Sunny's been called out by a million anonymous internet heroes whos courage has ran fiery hot on the keyboard. A dumb thug is the most common refrain. But if we cast a cool and dispassionate eye over the 'recovery plan' from this incident we see strong evidence of a first rate mind.
His first port of call was to hire top Gold Coast criminal lawyer Chris Nyst. Nyst is an author of crime fiction, a screenwriter and has represented talents like Pauline Hanson, Joh Bjeke-Peterson and Peter Foster. I'm sure he wouldn't mind me saying he is the go-to guy if you've got cash and have royally fucked up. Like, serious jail-time fucked up.
We can be almost certain from Nyst's body of work and reading his fiction that his first advice to Sunny was 'shut the fuck up, don't talk to anyone. Let me handle this'. This advice doesn't come cheap though. While Nyst didn't tell me, industry figures confirmed his billable hours would come at around $500/hr.
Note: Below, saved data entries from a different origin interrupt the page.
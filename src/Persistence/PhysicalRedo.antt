-- ===== src/Persistence/PhysicalRedo.antt =====
-- persistence/physical_redo.cpp: the batches of row images in the log. A payload that cannot be read
-- makes the reader throw, with the error that stands for its text; a batch that cannot be written
-- makes the writer throw, which is `none`. That memory runs out for a count is not modelled.
pub mod RoundTrip
pub mod Torn
use vertex_db.Base.{
  ℕ, zero, suc, ◌+◌, Bool, Option, none, some, List, [], ◌∷◌, ◌++◌, ◌==◌, if◌then◌else◌, length,
  Text,
}
use vertex_db.Common.Value.{Value, null, int, double, string, parameter, composite, Row}
use vertex_db.Persistence.Binary.{Bytes, write_pod, read_pod, read_bytes}
use vertex_db.Persistence.ValueCodec.{bits_of, int_of}

-- enum class PhysicalRedoKind
pub data PhysicalRedoKind : Type 0 where
  upsert erase : PhysicalRedoKind

abbrev pub kind_code : PhysicalRedoKind → ℕ
kind_code upsert = 0
kind_code erase = 1

-- struct PhysicalRedoRecord
pub record PhysicalRedoRecord : Type 0 where
  pub kind : PhysicalRedoKind
  pub table_name : Text
  pub row_id : ℕ
  pub row : Row

-- The texts of the errors that the reader throws
pub data RedoError : Type 0 where
  truncated unsupported_value_type unknown_kind empty_batch trailing_bytes : RedoError

pub data Result {ℓ} (A : Type ℓ) : Type ℓ where
  ok : A → Result A
  error : RedoError → Result A

infixl 5 ◌>>=◌
abbrev pub ◌>>=◌ {ℓ κ} : {A : Type ℓ} {B : Type κ} → Result A → (A → Result B) → Result B
ok a >>= f = f a
error e >>= f = error e

-- readPod on a span, with the text for a span that is too short
abbrev pub or_truncated {ℓ} : {A : Type ℓ} → Option A → Result A
or_truncated none = error truncated
or_truncated (some a) = ok a

-- appendString
unfoldable pub append_string : Text → Bytes
append_string value = write_pod 8 (length value) ++ value

-- appendValue; Value::type throws for a parameter slot and a composite.
unfoldable pub append_value : Value → Option Bytes
unfolding append_string
append_value null = some (write_pod 1 255)
append_value (int i) = some (write_pod 1 0 ++ write_pod 8 (bits_of i))
append_value (double d) = some (write_pod 1 1 ++ write_pod 8 d)
append_value (string s) = some (write_pod 1 2 ++ append_string s)
append_value (parameter i) = none
append_value (composite vs) = none

unfoldable pub append_values : Row → Option Bytes
unfolding append_value
append_values [] = some []
append_values (v ∷ row) = elim (append_value v) [
  | none ↦ none
  | some first ↦ elim (append_values row) [ none ↦ none | some others ↦ some (first ++ others) ]
]

-- appendRecord
unfoldable pub append_record : PhysicalRedoRecord → Option Bytes
unfolding append_values append_string
append_record r =
    let head =
      write_pod 1 (kind_code r.kind) ++ (append_string r.table_name ++ write_pod 8 r.row_id) in
    elim r.kind [
      | erase ↦ some head
      | upsert ↦ elim (append_values r.row) [
        | none ↦ none
        | some values ↦ some (head ++ (write_pod 8 (length r.row) ++ values))
      ]
    ]

unfoldable pub append_records : List PhysicalRedoRecord → Option Bytes
unfolding append_record
append_records [] = some []
append_records (r ∷ rs) = elim (append_record r) [
  | none ↦ none
  | some first ↦ elim (append_records rs) [ none ↦ none | some others ↦ some (first ++ others) ]
]

-- encodePhysicalRedos, which throws for no records
unfoldable pub encode_physical_redos : List PhysicalRedoRecord → Option Bytes
unfolding append_records
encode_physical_redos [] = none
encode_physical_redos (r ∷ rs) = elim (append_records (r ∷ rs)) [
  | none ↦ none
  | some bytes ↦ some (write_pod 8 (length (r ∷ rs)) ++ bytes)
]

-- readString
unfoldable pub read_string : Bytes → Result (Text × Bytes)
read_string bytes = do
  size ← or_truncated (read_pod 8 bytes)
  or_truncated (read_bytes size.0 size.1)

-- readValue
unfoldable pub read_value : Bytes → Result (Value × Bytes)
unfolding read_string
read_value bytes = do
  kind ← or_truncated (read_pod 1 bytes)
  if kind.0 == 255
      then ok (null, kind.1)
      else if kind.0 == 0
      then (do bits ← or_truncated (read_pod 8 kind.1); ok (int (int_of bits.0), bits.1))
      else if kind.0 == 1
      then (do bits ← or_truncated (read_pod 8 kind.1); ok (double bits.0, bits.1))
      else if kind.0 == 2
      then (do s ← read_string kind.1; ok (string s.0, s.1))
      else error unsupported_value_type

-- The loop of readRecord over the columns
unfoldable pub read_values : ℕ → Bytes → Result (Row × Bytes)
unfolding read_value
read_values zero bytes = ok ([], bytes)
read_values (suc n) bytes = do
  v ← read_value bytes
  row ← read_values n v.1
  ok (v.0 ∷ row.0, row.1)

-- readRecord
unfoldable pub read_record : Bytes → Result (PhysicalRedoRecord × Bytes)
unfolding read_values read_string
read_record bytes = do
  kind ← or_truncated (read_pod 1 bytes)
  name ← read_string kind.1
  row_id ← or_truncated (read_pod 8 name.1)
  if kind.0 == 0
      then (do
        count ← or_truncated (read_pod 8 row_id.1)
        row ← read_values count.0 count.1
        ok (record { kind = upsert; table_name = name.0; row_id = row_id.0; row = row.0 }, row.1))
      else if kind.0 == 1
      then ok (record { kind = erase; table_name = name.0; row_id = row_id.0; row = [] }, row_id.1)
      else error unknown_kind

-- The loop of decodePhysicalRedos over the records
unfoldable pub read_records : ℕ → Bytes → Result (List PhysicalRedoRecord × Bytes)
unfolding read_record
read_records zero bytes = ok ([], bytes)
read_records (suc n) bytes = do
  r ← read_record bytes
  rs ← read_records n r.1
  ok (r.0 ∷ rs.0, rs.1)

-- decodePhysicalRedos up to its test for trailing bytes
unfoldable pub read_batch : Bytes → Result (List PhysicalRedoRecord × Bytes)
unfolding read_records
read_batch payload = do
  count ← or_truncated (read_pod 8 payload)
  if count.0 == 0 then error empty_batch else read_records count.0 count.1

abbrev pub no_trailing : List PhysicalRedoRecord × Bytes → Result (List PhysicalRedoRecord)
no_trailing (records, []) = ok records
no_trailing (records, b ∷ rest) = error trailing_bytes

-- decodePhysicalRedos
unfoldable pub decode_physical_redos : Bytes → Result (List PhysicalRedoRecord)
unfolding read_batch
decode_physical_redos payload = do r ← read_batch payload; no_trailing r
What inducement was offered to Adam Clarke to ensure he didn't press charges and kept his trap shut? We'll probably never know but whatever it was, if anything, it has worked exceptionally well, so it was probably a good one.
I rang Nyst in his office yesterday to ask him. I spoke to several secretaries who did an excellent job of screening my call. I left my number and went to check the surf. I was shocked to discover when I got back that Nyst had personally returned my call. I quickly called him back.
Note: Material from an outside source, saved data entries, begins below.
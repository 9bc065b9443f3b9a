-- ===== src/Persistence/PhysicalRedo/RoundTrip.antt =====
-- What is encoded of a batch of row images is decoded.
use vertex_db.Base.{
  ℕ, ◌<◌, ◌^◌, ◌≡◌, refl, ap, ◌∙◌, Option, none, some, List, [], ◌∷◌, ◌++◌, length, Text, arith,
  append_assoc, append-nil, All, false, ◌==◌,
}
use vertex_db.Common.Value.{Value, null, int, double, string, parameter, composite, Row}
use vertex_db.Persistence.Binary.{Bytes, write_pod, read_pod, read_pod-write_pod, read_bytes-append}
use vertex_db.Persistence.ValueCodec.{bits_of}
use vertex_db.Persistence.ValueCodec.RoundTrip.{IsStorable, int_of-bits_of, bits_bound}
use vertex_db.Persistence.PhysicalRedo.{
  PhysicalRedoKind, upsert, erase, PhysicalRedoRecord, ok, error, trailing_bytes, append_string,
  append_value, append_values, append_record, append_records, encode_physical_redos, read_string,
  read_value, read_values, read_record, read_records, read_batch, decode_physical_redos,
}

some_injective {ℓ} : {A : Type ℓ} (a b : A) → some a ≡ some b → b ≡ a
some_injective a b h = ground arith

pod_read :
    (width n : ℕ) (body rest : Bytes)
    → n < 256 ^ width
    → read_pod width ((write_pod width n ++ body) ++ rest) ≡ some (n, body ++ rest)
pod_read width n body rest h =
    rw (append_assoc (write_pod width n) body rest) (read_pod-write_pod width n (body ++ rest) h)

read_string-append_string :
    (s : Text) (rest : Bytes)
    → length s < 256 ^ 8
    → read_string (append_string s ++ rest) ≡ ok (s, rest)
unfolding read_string append_string
read_string-append_string s rest h =
    rw (pod_read 8 (length s) s rest h) (rw (read_bytes-append s rest) refl)

read_value-append_value :
    (v : Value) (bytes rest : Bytes)
    → IsStorable v
    → append_value v ≡ some bytes
    → read_value (bytes ++ rest) ≡ ok (v, rest)
unfolding append_value read_value IsStorable
read_value-append_value null bytes rest s h =
    rw (some_injective _ bytes h) (rw (read_pod-write_pod 1 255 rest (omega arith)) refl)
read_value-append_value (int i) bytes rest s h = rw (some_injective _ bytes h) (
    rw (pod_read 1 0 (write_pod 8 (bits_of i)) rest (omega arith)) (
      rw (read_pod-write_pod 8 (bits_of i) rest (bits_bound i))
        (ap (λ j. ok (int j, rest)) (int_of-bits_of i s))))
read_value-append_value (double d) bytes rest s h =
    rw (some_injective _ bytes h) (
      rw (pod_read 1 1 (write_pod 8 d) rest (omega arith))
        (rw (read_pod-write_pod 8 d rest s) refl))
read_value-append_value (string t) bytes rest s h = rw (some_injective _ bytes h) (
    rw (pod_read 1 2 (append_string t) rest (omega arith))
      (rw (read_string-append_string t rest s) refl))
read_value-append_value (parameter i) bytes rest s h = cc
read_value-append_value (composite vs) bytes rest s h = cc

-- A sequence of two writers that ends has written the one after the other.
both_written :
    (a b : Option Bytes) (bytes : Bytes)
    → (elim a [
      | none ↦ none
      | some first ↦ elim b [ none ↦ none | some others ↦ some (first ++ others) ]
    ])
      ≡ some bytes
    → (first : Bytes) × (others : Bytes) × (a ≡ some first)
      × (b ≡ some others)
      × (bytes ≡ first ++ others)
both_written none b bytes h = absurd (ground arith)
both_written (some x) none bytes h = absurd (ground arith)
both_written (some x) (some y) bytes h = (x, y, refl, refl, some_injective _ bytes h)

read_values-append_values :
    (row : Row) (bytes rest : Bytes)
    → All IsStorable row
    → append_values row ≡ some bytes
    → read_values (length row) (bytes ++ rest) ≡ ok (row, rest)
unfolding append_values read_values
read_values-append_values [] bytes rest s h = rw (some_injective _ bytes h) refl
read_values-append_values (v ∷ row) bytes rest s h =
    let (first, others, a, b, e) = both_written (append_value v) (append_values row) bytes h in
    rw e (
      rw (append_assoc first others rest) (
        rw (read_value-append_value v first (others ++ rest) s.0 a)
          (rw (read_values-append_values row others rest s.1 b) refl)))

-- Sizes and the row identifier fit 64 bits, the values can be stored, and an erased row is empty.
pub record IsWritable (r : PhysicalRedoRecord) : Type 0 where
  pub name_fits : length r.table_name < 256 ^ 8
  pub row_id_fits : r.row_id < 256 ^ 8
  pub row_fits : length r.row < 256 ^ 8
  pub stored : All IsStorable r.row
  pub erased : r.kind ≡ erase → r.row ≡ []

-- The bytes in front of the columns
abbrev head_of : ℕ → Text → ℕ → Bytes
head_of kind name row_id = write_pod 1 kind ++ (append_string name ++ write_pod 8 row_id)

head_assoc :
    (kind : ℕ) (name : Text) (row_id : ℕ) (rest : Bytes)
    → head_of kind name row_id ++ rest
      ≡ write_pod 1 kind ++ (append_string name ++ (write_pod 8 row_id ++ rest))
head_assoc kind name row_id rest =
    append_assoc (write_pod 1 kind) (append_string name ++ write_pod 8 row_id) rest
    ∙ ap (λ b. write_pod 1 kind ++ b) (append_assoc (append_string name) (write_pod 8 row_id) rest)

read_erase :
    (name : Text) (row_id : ℕ) (rest : Bytes)
    → length name < 256 ^ 8
    → row_id < 256 ^ 8
    → read_record (head_of 1 name row_id ++ rest)
      ≡ ok (record { kind = erase; table_name = name; row_id = row_id; row = [] }, rest)
unfolding read_record
read_erase name row_id rest n i = rw (head_assoc 1 name row_id rest) (
    rw (read_pod-write_pod 1 1 (append_string name ++ (write_pod 8 row_id ++ rest)) (omega arith)) (
      rw (read_string-append_string name (write_pod 8 row_id ++ rest) n)
        (rw (read_pod-write_pod 8 row_id rest i) refl)))

read_upsert :
    (name : Text) (row_id : ℕ) (row : Row) (values rest : Bytes)
    → length name < 256 ^ 8
    → row_id < 256 ^ 8
    → length row < 256 ^ 8
    → read_values (length row) (values ++ rest) ≡ ok (row, rest)
    → read_record ((head_of 0 name row_id ++ (write_pod 8 (length row) ++ values)) ++ rest)
      ≡ ok (record { kind = upsert; table_name = name; row_id = row_id; row = row }, rest)
unfolding read_record
read_upsert name row_id row values rest n i l v =
    let body = write_pod 8 (length row) ++ values in
    rw (append_assoc (head_of 0 name row_id) body rest) (
      rw (head_assoc 0 name row_id (body ++ rest)) (
        rw
          (read_pod-write_pod 1 0 (append_string name ++ (write_pod 8 row_id ++ (body ++ rest)))
            (omega arith))
          (rw (read_string-append_string name (write_pod 8 row_id ++ (body ++ rest)) n) (
            rw (read_pod-write_pod 8 row_id (body ++ rest) i)
              (rw (pod_read 8 (length row) values rest l) (rw v refl))))))

body_written :
    (head body : Bytes) (a : Option Bytes) (bytes : Bytes)
    → (elim a [ none ↦ none | some values ↦ some (head ++ (body ++ values)) ]) ≡ some bytes
    → (values : Bytes) × (a ≡ some values) × (bytes ≡ head ++ (body ++ values))
body_written head body none bytes h = absurd (ground arith)
body_written head body (some x) bytes h = (x, refl, some_injective _ bytes h)

read_kind :
    (kind : PhysicalRedoKind) (name : Text) (row_id : ℕ) (row : Row) (bytes rest : Bytes)
    → IsWritable (record { kind = kind; table_name = name; row_id = row_id; row = row })
    → append_record (record { kind = kind; table_name = name; row_id = row_id; row = row })
      ≡ some bytes
    → read_record (bytes ++ rest)
      ≡ ok (record { kind = kind; table_name = name; row_id = row_id; row = row }, rest)
unfolding append_record
read_kind erase name row_id row bytes rest w h =
    rw (some_injective _ bytes h)
      (rw (w.erased refl) (read_erase name row_id rest w.name_fits w.row_id_fits))
read_kind upsert name row_id row bytes rest w h =
    let (values, a, e) =
      body_written (head_of 0 name row_id) (write_pod 8 (length row)) (append_values row) bytes h in
    rw e (
      read_upsert name row_id row values rest w.name_fits w.row_id_fits w.row_fits
        (read_values-append_values row values rest w.stored a))

read_record-append_record :
    (r : PhysicalRedoRecord) (bytes rest : Bytes)
    → IsWritable r
    → append_record r ≡ some bytes
    → read_record (bytes ++ rest) ≡ ok (r, rest)
read_record-append_record r bytes rest w h =
    read_kind r.kind r.table_name r.row_id r.row bytes rest w h

read_records-append_records :
    (rs : List PhysicalRedoRecord) (bytes rest : Bytes)
    → All IsWritable rs
    → append_records rs ≡ some bytes
    → read_records (length rs) (bytes ++ rest) ≡ ok (rs, rest)
unfolding append_records read_records
read_records-append_records [] bytes rest w h = rw (some_injective _ bytes h) refl
read_records-append_records (r ∷ rs) bytes rest w h =
    let (first, others, a, b, e) = both_written (append_record r) (append_records rs) bytes h in
    rw e (
      rw (append_assoc first others rest) (
        rw (read_record-append_record r first (others ++ rest) w.0 a)
          (rw (read_records-append_records rs others rest w.1 b) refl)))

pod_written :
    (count : Bytes) (a : Option Bytes) (bytes : Bytes)
    → (elim a [ none ↦ none | some body ↦ some (count ++ body) ]) ≡ some bytes
    → (body : Bytes) × (a ≡ some body) × (bytes ≡ count ++ body)
pod_written count none bytes h = absurd (ground arith)
pod_written count (some x) bytes h = (x, refl, some_injective _ bytes h)

pub read_batch-encode_physical_redos :
    (rs : List PhysicalRedoRecord) (bytes rest : Bytes)
    → All IsWritable rs
    → length rs < 256 ^ 8
    → encode_physical_redos rs ≡ some bytes
    → read_batch (bytes ++ rest) ≡ ok (rs, rest)
unfolding encode_physical_redos read_batch
read_batch-encode_physical_redos [] bytes rest w l h = absurd (ground arith)
read_batch-encode_physical_redos (r ∷ rs) bytes rest w l h =
    let n = length (r ∷ rs) in
    let (body, a, e) = pod_written (write_pod 8 n) (append_records (r ∷ rs)) bytes h in
    let some_count : (n == 0) ≡ false = ground arith in
    rw e (
      rw (pod_read 8 n body rest l)
        (rw some_count (read_records-append_records (r ∷ rs) body rest w a)))

-- What encodePhysicalRedos writes of a batch, of rows without composites and parameter slots since
-- it throws for them, is decoded to the same batch; with more bytes behind it the decoder throws.
pub decode_physical_redos-encode_physical_redos :
    (rs : List PhysicalRedoRecord) (bytes : Bytes)
    → All IsWritable rs
    → length rs < 256 ^ 8
    → encode_physical_redos rs ≡ some bytes
    → (decode_physical_redos bytes ≡ ok rs)
      × ((b : ℕ) (more : Bytes) → decode_physical_redos (bytes ++ b ∷ more) ≡ error trailing_bytes)
unfolding decode_physical_redos
decode_physical_redos-encode_physical_redos rs bytes w l h = (
  rw (← append-nil bytes) (rw (read_batch-encode_physical_redos rs bytes [] w l h) refl),
  λ b more. rw (read_batch-encode_physical_redos rs bytes (b ∷ more) w l h) refl,
)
I introduced myself. He had a voice as smooth and deep as a piece of aged wood. "Where are you from Steve?"
"Lennox Head."
"So you're not the guy from the newspaper."
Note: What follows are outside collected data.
-- ===== src/Persistence/PhysicalRedo/Torn.antt =====
-- A payload that is cut off is refused as truncated.
use vertex_db.Base.{
  ℕ, zero, suc, ◌<◌, ◌^◌, ◌≡◌, refl, some, List, [], ◌∷◌, ◌++◌, length, arith, Option-cases,
  Bool-cases, inl, inr, All, ◌==◌, append-nil,
}
use vertex_db.Persistence.Binary.{Bytes, read_pod, read_bytes, read_pod_more, read_bytes_more}
use vertex_db.Persistence.PhysicalRedo.{
  PhysicalRedoRecord, truncated, unsupported_value_type, unknown_kind, empty_batch, trailing_bytes,
  Result, ok, error, ◌>>=◌, or_truncated, encode_physical_redos, read_string, read_value,
  read_values, read_record, read_records, read_batch, decode_physical_redos,
}
use vertex_db.Persistence.PhysicalRedo.RoundTrip.{IsWritable, read_batch-encode_physical_redos}

-- What a reader says with more bytes behind, when it did not run out of bytes
abbrev Extends {ℓ} : {A : Type ℓ} → Bytes → Result (A × Bytes) → Result (A × Bytes) → Type ℓ
Extends more (ok (a, rest)) r = r ≡ ok (a, rest ++ more)
Extends more (error truncated) r = Unit
Extends more (error unsupported_value_type) r = r ≡ error unsupported_value_type
Extends more (error unknown_kind) r = r ≡ error unknown_kind
Extends more (error empty_batch) r = r ≡ error empty_batch
Extends more (error trailing_bytes) r = r ≡ error trailing_bytes

Extends-bind :
    {A B : Type 0} (more : Bytes) (r r' : Result (A × Bytes)) (f : A × Bytes → Result (B × Bytes))
    → Extends more r r'
    → ((a : A) (rest : Bytes) → Extends more (f (a, rest)) (f (a, rest ++ more)))
    → Extends more (r >>= f) (r' >>= f)
Extends-bind more (ok (a, rest)) r' f e k = rw e (k a rest)
Extends-bind more (error truncated) r' f e k = tt
Extends-bind more (error unsupported_value_type) r' f e k = rw e refl
Extends-bind more (error unknown_kind) r' f e k = rw e refl
Extends-bind more (error empty_batch) r' f e k = rw e refl
Extends-bind more (error trailing_bytes) r' f e k = rw e refl

pod_Extends :
    (width : ℕ) (bytes more : Bytes)
    → Extends more
        (or_truncated (read_pod width bytes))
        (or_truncated (read_pod width (bytes ++ more)))
pod_Extends width bytes more = elim (Option-cases (read_pod width bytes)) [
  | inl e ↦ rw e tt
  | inr (r, e) ↦ rw e (rw (read_pod_more width bytes more r e) refl)
]

bytes_Extends :
    (n : ℕ) (bytes more : Bytes)
    → Extends more (or_truncated (read_bytes n bytes)) (or_truncated (read_bytes n (bytes ++ more)))
bytes_Extends n bytes more = elim (Option-cases (read_bytes n bytes)) [
  | inl e ↦ rw e tt
  | inr (r, e) ↦ rw e (rw (read_bytes_more n bytes more r e) refl)
]

string_Extends :
    (bytes more : Bytes) → Extends more (read_string bytes) (read_string (bytes ++ more))
unfolding read_string
string_Extends bytes more =
    Extends-bind more _ _ _ (pod_Extends 8 bytes more) (λ n rest. bytes_Extends n rest more)

value_Extends : (bytes more : Bytes) → Extends more (read_value bytes) (read_value (bytes ++ more))
unfolding read_value
value_Extends bytes more = Extends-bind more _ _ _ (pod_Extends 1 bytes more) (λ kind rest.
    elim (Bool-cases (kind == 255)) [
      | inl e ↦ rw e refl
      | inr e ↦ rw e (elim (Bool-cases (kind == 0)) [
        | inl h ↦ rw h (Extends-bind more _ _ _ (pod_Extends 8 rest more) (λ n r. refl))
        | inr h ↦ rw h (elim (Bool-cases (kind == 1)) [
          | inl g ↦ rw g (Extends-bind more _ _ _ (pod_Extends 8 rest more) (λ n r. refl))
          | inr g ↦ rw g (elim (Bool-cases (kind == 2)) [
            | inl k ↦ rw k (Extends-bind more _ _ _ (string_Extends rest more) (λ n r. refl))
            | inr k ↦ rw k refl
          ])
        ])
      ])
    ])

values_Extends :
    (n : ℕ) (bytes more : Bytes)
    → Extends more (read_values n bytes) (read_values n (bytes ++ more))
unfolding read_values
values_Extends zero bytes more = refl
values_Extends (suc n) bytes more =
    Extends-bind more _ _ _ (value_Extends bytes more)
      (λ v rest. Extends-bind more _ _ _ (values_Extends n rest more) (λ row r. refl))

record_Extends :
    (bytes more : Bytes) → Extends more (read_record bytes) (read_record (bytes ++ more))
unfolding read_record
record_Extends bytes more = Extends-bind more _ _ _ (pod_Extends 1 bytes more) (λ kind r1.
    Extends-bind more _ _ _ (string_Extends r1 more) (λ name r2.
      Extends-bind more _ _ _ (pod_Extends 8 r2 more) (λ row_id r3. elim (Bool-cases (kind == 0)) [
        | inl e ↦ rw e (
            Extends-bind more _ _ _ (pod_Extends 8 r3 more)
              (λ count r4. Extends-bind more _ _ _ (values_Extends count r4 more) (λ row r5. refl)))
        | inr e ↦ rw e (elim (Bool-cases (kind == 1)) [ inl h ↦ rw h refl | inr h ↦ rw h refl ])
      ])))

records_Extends :
    (n : ℕ) (bytes more : Bytes)
    → Extends more (read_records n bytes) (read_records n (bytes ++ more))
unfolding read_records
records_Extends zero bytes more = refl
records_Extends (suc n) bytes more =
    Extends-bind more _ _ _ (record_Extends bytes more)
      (λ v rest. Extends-bind more _ _ _ (records_Extends n rest more) (λ row r. refl))

batch_Extends : (bytes more : Bytes) → Extends more (read_batch bytes) (read_batch (bytes ++ more))
unfolding read_batch
batch_Extends bytes more = Extends-bind more _ _ _ (pod_Extends 8 bytes more) (λ count rest.
    elim (Bool-cases (count == 0)) [
      | inl e ↦ rw e refl
      | inr e ↦ rw e (records_Extends count rest more)
    ])

-- A reader that reads all of a payload has run out of bytes on any shorter part of it.
cut_off :
    {A : Type 0} (b : ℕ) (more : Bytes) (r r' : Result (A × Bytes)) (a : A)
    → Extends (b ∷ more) r r'
    → r' ≡ ok (a, [])
    → r ≡ error truncated
cut_off b more (ok (a', [])) r' a e h = absurd (ground arith)
cut_off b more (ok (a', c ∷ rest)) r' a e h = absurd (ground arith)
cut_off b more (error truncated) r' a e h = refl
cut_off b more (error unsupported_value_type) r' a e h = absurd (ground arith)
cut_off b more (error unknown_kind) r' a e h = absurd (ground arith)
cut_off b more (error empty_batch) r' a e h = absurd (ground arith)
cut_off b more (error trailing_bytes) r' a e h = absurd (ground arith)

-- Every encoding of a batch that is cut off, at whatever byte, makes the decoder throw for
-- truncation: no part of a batch is taken for a batch.
pub decode_physical_redos_torn :
    (rs : List PhysicalRedoRecord) (part : Bytes) (b : ℕ) (more : Bytes)
    → All IsWritable rs
    → length rs < 256 ^ 8
    → encode_physical_redos rs ≡ some (part ++ b ∷ more)
    → decode_physical_redos part ≡ error truncated
unfolding decode_physical_redos
decode_physical_redos_torn rs part b more w l h =
    let whole : read_batch (part ++ b ∷ more) ≡ ok (rs, []) =
      rw (← append-nil (part ++ b ∷ more))
        (read_batch-encode_physical_redos rs (part ++ b ∷ more) [] w l h) in
    rw
      (cut_off b more (read_batch part) (read_batch (part ++ b ∷ more)) rs
        (batch_Extends part (b ∷ more)) whole)
      refl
I thought to myself, 'You mean that kook Fred Pawle'.
"Nah, I do independent online stuff."
I asked Chris if he could confirm if there had been any monetary inducement offered to Adam Clarke to persuade him not to lay charges or if there were any civil actions now pending against Sunny. Nyst sounded just ever so momentarily taken aback...I heard him inhale. He told me he'd have to ask Sunny whether he was authorised to talk to me.
I tried one last tack. I asked him if there were now doubts over the official story that Sunny was protecting his son from 'assault by a larger man' when all the photo and video evidence clearly showed the fight between Flores and Clark.
He chuckled a little. Sorry Steve, I'd have to ask Sunny whether I could answer any questions. "Well," I said "I'm pretty sure I know what he'll say to that request".
"Thanks for your time Chris."
If Dane Reynolds were here none of this would be happening.